La cover di Anna Oxa com'è nata?
"Fatelo come me" era un brano che avevo dimenticato, ma un anno fa in una trasmissione televisiva l'ho risentito per caso e me ne sono innamorata. Io ho questa anima un po' straziata, sgangherata e mi sono proprio rivista. Ho visto una psychodonna, una donna forte di diciotto anni e ho visto un tempo in cui si osava di più. Per mettere questa cover nel disco ho deciso di scartare altre cose che avevo scritto, perché questa canzone aggiunge un qualcosa in più al disco e alla mia visione.

Il tuo primo progetto solista risale al 2015 con l'ep "Marie": come sei cambiata, in quanto artista ma anche come donna, da quell'esperienza a oggi?
Ho più consapevolezza, mi è sparita la vergogna, ho lavorato su me stessa, sono andata anche un po' in terapia, perché sapevo quello che volevo fare e mi dispiaceva non farlo. "Marie" era un primo passo, coraggioso, ma nasce da una canzone che mi hanno chiesto di fare per una fiction.

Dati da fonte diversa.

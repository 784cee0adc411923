-- ===== src/Text/Quote.antt =====
-- `%q` of package `fmt`, which is `strconv.Quote`.
use mcp_ssh_workspace.Common.{
  ℕ, zero, suc, ◌+◌, ◌-◌, ◌/◌, ◌%◌, ◌≤◌, ◌<◌, ◌≡◌, ◌≢◌, refl, ap, ◌∙◌, Bool, ◌&&◌, ◌||◌, [], ◌∷◌,
  ◌++◌, arith, Bytes, codes, ◌==◌, ltb, leb, if◌then◌else◌, take, All, All-append, All-take, IsByte,
  Bool-cases, inl, inr,
}
use mcp_ssh_workspace.Text.Utf8.{rune_width, follows, rune_value, rune_width_ascii}

abbrev hex_digit : ℕ → ℕ
hex_digit n = if ltb n 10 then b'0' + n else b'a' + (n - 10)

-- `n` digits of `v` in base 16
abbrev hex : ℕ → ℕ → Bytes
hex zero v = []
hex (suc n) v = hex n (v / 16) ++ hex_digit (v % 16) ∷ []

quote_ascii : ℕ → Bytes
quote_ascii c =
    if c == b'"' || c == b'\\'
    then b'\\' ∷ c ∷ []
    else if leb 0x20 c && ltb c 0x7f
    then c ∷ []
    else if c == 7
    then codes "\\a"
    else if c == 8
    then codes "\\b"
    else if c == 12
    then codes "\\f"
    else if c == 10
    then codes "\\n"
    else if c == 13
    then codes "\\r"
    else if c == 9
    then codes "\\t"
    else if c == 11
    then codes "\\v"
    else codes "\\x" ++ hex 2 c

-- `unicode.IsPrint`, a table of the standard library, is a parameter beyond ASCII.
module _ (is_print : ℕ → Bool) where
  quote_rune : ℕ → ℕ → Bytes → Bytes
  quote_rune w c s =
      if w == 1
      then quote_ascii c
      else if is_print (rune_value w c s)
      then take w (c ∷ s)
      else if ltb 0xffff (rune_value w c s)
      then codes "\\U" ++ hex 8 (rune_value w c s)
      else codes "\\u" ++ hex 4 (rune_value w c s)

  -- The first argument is how many bytes of the current character are still to pass.
  quote_from : ℕ → Bytes → Bytes
  quote_from k [] = []
  quote_from (suc k) (c ∷ s) = quote_from k s
  quote_from zero (c ∷ s) = let w = rune_width c s in quote_rune w c s ++ quote_from (w - 1) s

  unfoldable pub quote : Bytes → Bytes
  unfolding quote_from quote_rune quote_ascii rune_width follows rune_value
  quote s = b'"' ∷ quote_from 0 s ++ b'"' ∷ []

-- Printable ASCII but for the quote and the backslash. The dollar sign and the backtick are such.
abbrev pub IsPlain : ℕ → Type 0
IsPlain c = (0x20 ≤ c) × (c < 0x7f) × (c ≢ b'"') × (c ≢ b'\\')

quote_ascii_plain : (c : ℕ) → IsPlain c → quote_ascii c ≡ c ∷ []
unfolding quote_ascii
quote_ascii_plain c h = ground arith

module _ (is_print : ℕ → Bool) where
  quote_from_plain : (s : Bytes) → All IsPlain s → quote_from is_print 0 s ≡ s
  quote_from_plain [] _ = unfold quote_from in refl
  quote_from_plain (c ∷ s) (hc, hs) =
      quote_step c s (rune_width_ascii c s (omega arith)) (quote_ascii_plain c hc)
      ∙ ap (λ r. c ∷ r) (quote_from_plain s hs)
    where
      quote_step :
          (c : ℕ) (s : Bytes)
          → rune_width c s ≡ 1
          → quote_ascii c ≡ c ∷ []
          → quote_from is_print 0 (c ∷ s) ≡ c ∷ quote_from is_print 0 s
      quote_step c s e q = unfold quote_from in unfold quote_rune in rw (e, q)

  -- Plain text is put between quotes as it is.
  pub quote_plain : (s : Bytes) → All IsPlain s → quote is_print s ≡ b'"' ∷ s ++ b'"' ∷ []
  quote_plain s h = unfold quote in ap (λ r. b'"' ∷ r ++ b'"' ∷ []) (quote_from_plain s h)

hex-IsByte : (n v : ℕ) → All IsByte (hex n v)
hex-IsByte zero v = tt
hex-IsByte (suc n) v =
    All-append IsByte (hex n (v / 16)) (hex_digit (v % 16) ∷ []) (hex-IsByte n (v / 16))
      (ground arith)

quote_ascii-IsByte : (c : ℕ) → IsByte c → All IsByte (quote_ascii c)
unfolding quote_ascii
quote_ascii-IsByte c h = ground arith

module _ (is_print : ℕ → Bool) where
  quote_rune-IsByte :
      (w c : ℕ) (s : Bytes) → All IsByte (c ∷ s) → All IsByte (quote_rune is_print w c s)
  unfolding quote_rune
  quote_rune-IsByte w c s h = elim (Bool-cases (w == 1)) [
    | inl e ↦ rw e (quote_ascii-IsByte c h.0)
    | inr e ↦ rw e (elim (Bool-cases (is_print (rune_value w c s))) [
      | inl p ↦ rw p (All-take IsByte w (c ∷ s) h)
      | inr p ↦ rw p (elim (Bool-cases (ltb 0xffff (rune_value w c s))) [
        | inl q ↦ rw q (omega arith, (omega arith, hex-IsByte 8 (rune_value w c s)))
        | inr q ↦ rw q (omega arith, (omega arith, hex-IsByte 4 (rune_value w c s)))
      ])
    ])
  ]

  quote_from-IsByte : (k : ℕ) (s : Bytes) → All IsByte s → All IsByte (quote_from is_print k s)
  unfolding quote_from
  quote_from-IsByte k [] h = tt
  quote_from-IsByte (suc k) (c ∷ s) h = quote_from-IsByte k s h.1
  quote_from-IsByte zero (c ∷ s) h =
      All-append IsByte (quote_rune is_print (rune_width c s) c s) _
        (quote_rune-IsByte (rune_width c s) c s h) (quote_from-IsByte (rune_width c s - 1) s h.1)

  -- Quoting makes bytes out of bytes.
  pub quote-IsByte : (s : Bytes) → All IsByte s → All IsByte (quote is_print s)
  quote-IsByte s h =
      unfold quote in
      (
        omega arith,
        All-append IsByte (quote_from is_print 0 s) (b'"' ∷ []) (quote_from-IsByte 0 s h)
            (omega arith),
      )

Mi sono divertita a farlo, ma c'era sempre una "maschera", creandomi un alter ego, dando al disco un tema Anni 70, trattando testi d'amore e ispirandomi a personalità di quell'epoca come Jane Birkin o Ed Sedgwick. "Psychodonna", invece, è nato per me stessa e da una voglia di profondità, introspezione e verità. Ho cercato di superare i miei blocchi, ho acquisito gli strumenti, e anche il coraggio, per fare il mio disco. È stata anche una gran fatica, perché c'è stata tutta una serie di pensieri che ti fanno sempre dubitare, ma io non volevo più avere dubbi, almeno nella fase creativa.